これは予習です。やっておくと、本番ではある程度スムースに会話を進めることが可能となります。
⑥ 限定された場面での英語フレーズについて、聞く、読む、書く、話すを反復練習
リストアップしたフレーズは、見ないでも出てくるくらい練習します。
ビジネスの場合は、いつも同じような単語を使います。基本のフレーズを覚えてしまえば、いろんな場面での応用ができます。
➀~⑥を、いろんな場面で繰り返してゆくと、ボキャブラリーは増え続けます。結果として10,000語程度はあっという間に達成して、TOEIC L&Rで800点以上取れるようになっているはずです。
ビジネス英語を習得する為にTOEICは必修ではない、近道を探せ!
留学をするときは、カリキュラムについてゆけるかを判定する為に、英語力を証明するTOEFLかIELTSのスコアを提出する必要があります。
TOEFLのスコアが高くても、現実の海外生活では、毎日英語での苦労は続きます。1年ぐらい継続してようやく一通りのことがじゃべれるようになります。

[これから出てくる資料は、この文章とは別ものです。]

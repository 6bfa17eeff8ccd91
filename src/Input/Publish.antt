-- ===== src/Input/Publish.antt =====
-- What the input pipeline publishes (rm32/src/control/input.rs).
use rm32_private.Base.{◌≡◌, refl, Bool, true, false, arith, if◌then◌else◌}
use rm32_private.Config.{EepromConfig}
use rm32_private.Input.{
  World, process_input, apply_sine_start, apply_brake, latch_fault, mapped, is_stuck,
}

-- The shared cells hold what the input state holds.
abbrev pub Published : World → Type 0
Published w =
    ((w.shared).adjusted_input ≡ (w.state).input)
    × ((w.shared).prop_brake_active ≡ (w.state).prop_brake)

sine_start_publishes :
    (config : EepromConfig) (w : World)
    → ((apply_sine_start config w).shared).adjusted_input
      ≡ ((apply_sine_start config w).state).input
unfolding apply_sine_start
sine_start_publishes config w = ground arith

brake_publishes :
    (config : EepromConfig) (w : World)
    → ((w.shared).adjusted_input ≡ (w.state).input)
    → Published (apply_brake config w)
unfolding apply_brake
brake_publishes config w h = (h, refl)

if_Published : (b : Bool) (w v : World) → Published w → Published v → Published (if b then w else v)
if_Published true w v p q = p
if_Published false w v p q = q

-- On every path, the early return of the stuck-rotor fault included, the throttle and the brake that
-- the interrupts read are the ones that the main loop keeps.
pub process_input-Published :
    (config : EepromConfig) (w : World) → Published (process_input config w)
unfolding process_input latch_fault
process_input-Published config w =
    if_Published (is_stuck config w.protection) (latch_fault (mapped config w))
      (apply_brake config (apply_sine_start config (mapped config w))) (refl, refl)
      (brake_publishes config (apply_sine_start config (mapped config w))
        (sine_start_publishes config (mapped config w)))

この、上達の過程で、TOEFLを再度受ける必要はないですよね。授業できちんと講義が理解できて、発言できて、論文をかけるのであれば、目的を達成しているんです。
会社に入社すると、昇進や、自己啓発目標にTOEICのスコア〇〇点という基準があったりします。
意識高い系の方は、自分の目標としてTOEIC 900点とか、満点とるぞと意気込む人もたくさんいます。もはやTOEICという競技で、優勝を目指すことが目的になっています。

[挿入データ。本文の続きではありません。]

-- ===== src/Session/Nonces.antt =====
-- The window of nonces of src/net/session.cpp.
use gameserver_hide.Base.{
  ℕ, suc, ◌-◌, ◌≤◌, ◌≡◌, refl, ◌∙◌, not, true, false, List, [], ◌∷◌, ◌++◌, length, drop, arith,
  ◌==◌, ◌||◌, ltb, if◌then◌else◌, Bool-cases, inl, inr,
}
use gameserver_hide.Base.Map.{elem}
use gameserver_hide.Session.{Session, forget, trim, record_nonce}

abbrev pub NoRepeats : List ℕ → Type 0
NoRepeats [] = Unit {0}
NoRepeats (n ∷ ns) = (elem n ns ≡ false) × NoRepeats ns

-- The two collections hold the same nonces, once each, and no more than the limit.
pub record IsWindow {B : Type 0} (s : Session B) : Type 0 where
  pub same : (n : ℕ) → elem n s.nonce_cache ≡ elem n s.nonce_order
  pub once : NoRepeats s.nonce_order
  pub short : length s.nonce_order ≤ s.config.nonce_cache_limit

-- The last `limit` entries.
abbrev pub last_of : ℕ → List ℕ → List ℕ
last_of limit ns = drop (length ns - limit) ns

elem-forget : (m n : ℕ) (ns : List ℕ) → elem m (forget n ns) ≡ (if n == m then false else elem m ns)
unfolding elem forget
elem-forget m n [] = ground arith
elem-forget m n (k ∷ ns) = ground (arith, elem-forget m n ns)

elem_snoc : (m n : ℕ) (ns : List ℕ) → elem m (ns ++ n ∷ []) ≡ (elem m ns || n == m)
unfolding elem
elem_snoc m n [] = ground arith
elem_snoc m n (k ∷ ns) = ground (arith, elem_snoc m n ns)

NoRepeats-snoc : (n : ℕ) (ns : List ℕ) → NoRepeats ns → elem n ns ≡ false → NoRepeats (ns ++ n ∷ [])
unfolding elem
NoRepeats-snoc n [] u h = (refl, tt)
NoRepeats-snoc n (k ∷ ns) u h =
    (ground (arith, elem_snoc k n ns), NoRepeats-snoc n ns u.1 (ground arith))

record Trims (limit : ℕ) (order : List ℕ) (r : List ℕ × List ℕ) : Type 0 where
  kept : r.0 ≡ last_of limit order
  same : (m : ℕ) → elem m r.1 ≡ elem m r.0
  once : NoRepeats r.0
  short : length r.0 ≤ limit

trim-Trims :
    (limit : ℕ) (order cache : List ℕ)
    → NoRepeats order
    → ((m : ℕ) → elem m cache ≡ elem m order)
    → Trims limit order (trim limit order cache)
unfolding elem trim
trim-Trims limit [] cache u e = record {
  kept = ground arith;
  same = e;
  once = tt;
  short = omega arith;
}
trim-Trims limit (k ∷ ns) cache u e = elim (Bool-cases (ltb limit (length (k ∷ ns)))) [
  | inl t ↦
      let r =
        trim-Trims limit ns (forget k cache) u.1
          (λ m. ground (arith, elem-forget m k cache, e m, u.0)) in
      let longer : length (k ∷ ns) - limit ≡ suc (length ns - limit) = ground arith in
      rw (t, trim)
        (record { kept = rw longer r.kept; same = r.same; once = r.once; short = r.short })
  | inr t ↦
      let all : length (k ∷ ns) - limit ≡ 0 = ground arith in
      rw (t, trim) (record { kept = rw all refl; same = e; once = u; short = ground arith })
]

-- In a window, recordNonce accepts exactly the nonces that are not among the last ones that it
-- accepted, as many as the limit; then the nonce is the newest of them, and the window is one again.
pub record_nonce_lem :
    {B : Type 0} (nonce : ℕ) (s : Session B)
    → IsWindow s
    → let t = (record_nonce nonce s).0 in
      ((record_nonce nonce s).1 ≡ not (elem nonce s.nonce_order))
      × (t.nonce_order ≡ (
          if elem nonce s.nonce_order
          then s.nonce_order
          else last_of s.config.nonce_cache_limit (s.nonce_order ++ nonce ∷ [])))
      × IsWindow t
unfolding record_nonce
record_nonce_lem nonce s v = elim (Bool-cases (elem nonce s.nonce_order)) [
  | inl t ↦
      let c : elem nonce s.nonce_cache ≡ true = v.same nonce ∙ t in
      rw (c, t, record_nonce) (refl, refl, v)
  | inr t ↦
      let c : elem nonce s.nonce_cache ≡ false = v.same nonce ∙ t in
      let r =
        trim-Trims s.config.nonce_cache_limit (s.nonce_order ++ nonce ∷ []) (nonce ∷ s.nonce_cache)
          (NoRepeats-snoc nonce s.nonce_order v.once t)
          (λ m. unfold elem in ground (arith, elem_snoc m nonce s.nonce_order, v.same m)) in
      rw (c, t, record_nonce)
        (refl, r.kept, record { same = r.same; once = r.once; short = r.short })
]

それで楽しいとか達成感を得られるのであれば、問題ありません。
しかし、ビジネス英語を習得するという目標があるなら別です。TOEICは、上達のバロメーター程度に考えておいて、1年~2年に1回受験すれば十分です。英語上達には時間がかかるからです。
仮に数年年間海外留学をしても、TOEICで990点満点をとっても、ビジネスで英語を使いこなすためには、さらに2~3年の経験が必要になってきます。

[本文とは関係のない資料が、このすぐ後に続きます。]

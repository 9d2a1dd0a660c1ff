-- ===== src/Session/Queue.antt =====
-- The send queue of src/net/session.cpp.
use gameserver_hide.Base.{
  ℕ, ◌+◌, ◌-◌, ◌≤◌, ◌≡◌, ◌⊎◌, inl, inr, refl, Bool, List, [], ◌∷◌, ◌++◌, Text, length, arith,
}
use gameserver_hide.Session.{
  UserContext, attach_user_context, clear_user_context, set_protocol_version, set_last_seq,
  mark_tls_established, mark_heartbeat_sent, drop_oldest, SessionConfig, Session, drop_front,
  new_session, on_receive, disconnect, enqueue_send, dequeue_send, tick, record_nonce,
}

unfoldable pub total : List Text → ℕ
total [] = 0
total (p ∷ ps) = length p + total ps

total_empty : (xs : List Text) → length xs ≡ 0 → total xs ≡ 0
unfolding total
total_empty [] h = refl
total_empty (x ∷ xs) h = omega arith

total-append : (xs : List Text) (p : Text) → total (xs ++ p ∷ []) ≡ total xs + length p
unfolding total
total-append [] p = omega arith
total-append (x ∷ xs) p = omega (arith, total-append xs p)

drop_front-total :
    (limit bytes extra : ℕ) (queue : List Text)
    → bytes ≡ total queue
    → let r = drop_front limit (bytes + extra) bytes queue in
      (r.0 ≡ total r.2 + extra) × ((r.0 ≤ limit) ⊎ (r.2 ≡ []))
unfolding drop_front total
drop_front-total limit bytes extra [] e = (omega arith, inr refl)
drop_front-total limit bytes extra (p ∷ ps) e =
    ground (arith, drop_front-total limit (bytes - length p) extra ps (omega arith), e)

-- The counter is the size of the queue, which keeps to the limit; only under DropOldest may the queue
-- be one payload that is longer.
pub record IsQueued {B : Type 0} (s : Session B) : Type 0 where
  pub counted : s.send_queue_bytes ≡ total s.send_queue
  pub bounded :
      (s.send_queue_bytes ≤ s.config.send_queue_limit_bytes)
      ⊎ ((s.config.overflow_policy ≡ drop_oldest) × (length s.send_queue ≡ 1))

pub data Call : Type 0 where
  log_in : UserContext → Call
  log_out : Call
  speak beat sequence secure : ℕ → Call
  send : Text → ℕ → Call
  take_front : Call
  receive check : ℕ → Call
  note : ℕ → Call

module _ {B : Type 0} (consume : B → ℕ → ℕ → B × Bool) where
  unfoldable pub step : Session B → Call → Session B
  step s (send payload now) = (enqueue_send consume payload now s).0
  step s take_front = (dequeue_send s).0
  step s (receive now) = on_receive now s
  step s (check now) = (tick now s).0
  step s (log_in context) = attach_user_context context s
  step s log_out = clear_user_context s
  step s (speak version) = set_protocol_version version s
  step s (beat now) = mark_heartbeat_sent now s
  step s (sequence seq) = set_last_seq seq s
  step s (secure time) = mark_tls_established time s
  step s (note nonce) = (record_nonce nonce s).0

  unfoldable pub run : Session B → List Call → Session B
  unfolding step
  run s [] = s
  run s (c ∷ cs) = run (step s c) cs

  enqueue_send-IsQueued :
      (payload : Text) (now : ℕ) (s : Session B)
      → IsQueued s
      → IsQueued (enqueue_send consume payload now s).0
  unfolding enqueue_send disconnect
  enqueue_send-IsQueued payload now s v =
      let d =
        drop_front-total s.config.send_queue_limit_bytes s.send_queue_bytes (length payload)
          s.send_queue v.counted in
      record {
        counted = ground (
          arith,
          v.counted,
          d.0,
          total-append s.send_queue payload,
          total-append
              (drop_front s.config.send_queue_limit_bytes (s.send_queue_bytes + length payload)
                s.send_queue_bytes s.send_queue).2
              payload,
        );
        bounded = ground (arith, v.bounded, d.1);
      }

  dequeue_send-IsQueued : (s : Session B) → IsQueued s → IsQueued (dequeue_send s).0
  unfolding dequeue_send total
  dequeue_send-IsQueued s v = record {
    counted = ground (arith, v.counted);
    bounded = grind (arith, v.counted, v.bounded, total_empty);
  }

  step-IsQueued : (s : Session B) (c : Call) → IsQueued s → IsQueued (step s c)
  unfolding step on_receive tick disconnect record_nonce mark_heartbeat_sent
  step-IsQueued s (send payload now) v = enqueue_send-IsQueued payload now s v
  step-IsQueued s take_front v = dequeue_send-IsQueued s v
  step-IsQueued s _ v = record {
    counted = ground (arith, v.counted);
    bounded = ground (arith, v.bounded);
  }

  run-IsQueued : (cs : List Call) (s : Session B) → IsQueued s → IsQueued (run s cs)
  unfolding run
  run-IsQueued [] s v = v
  run-IsQueued (c ∷ cs) s v = run-IsQueued cs (step s c) (step-IsQueued s c v)

-- After any history of calls on a new session, whatever the token bucket lets through, the byte counter
-- is the size of the send queue, and the size keeps to the configured limit, but for one case: under
-- DropOldest the queue may hold a single payload, which may be longer than the limit.
pub run-new_session-IsQueued :
    {B : Type 0} (consume : B → ℕ → ℕ → B × Bool) (id : ℕ) (config : SessionConfig) (bucket : B)
    (now : ℕ) (cs : List Call)
    → IsQueued (run consume (new_session id config bucket now) cs)
run-new_session-IsQueued consume id config bucket now cs =
    run-IsQueued consume cs (new_session id config bucket now) fresh
  where
    fresh : IsQueued (new_session id config bucket now)
    fresh = unfold new_session total in record { counted = refl; bounded = inl (omega arith) }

つまり、実際にビジネスで英語を使う時間が2~3年必要です。この後でTOEICを受ければ、スコア800点ぐらいは、特に勉強しなくても取れるレベルになっています。
➀TOEIC 800点達成(2年) → 英語を実践で使ってビジネスレベル到達(3年)=5年
②英語を実践で使ってビジネスレベル到達(3年)+TOEICは年1回受験(勉強なし)=3年
これは、英語学習において、何にフォーカスを置くかということです。
英語は何かをするために習得するスキルです。英語を学習すること自体が目的となるのであれば、それは趣味とかスポーツ的な娯楽になります。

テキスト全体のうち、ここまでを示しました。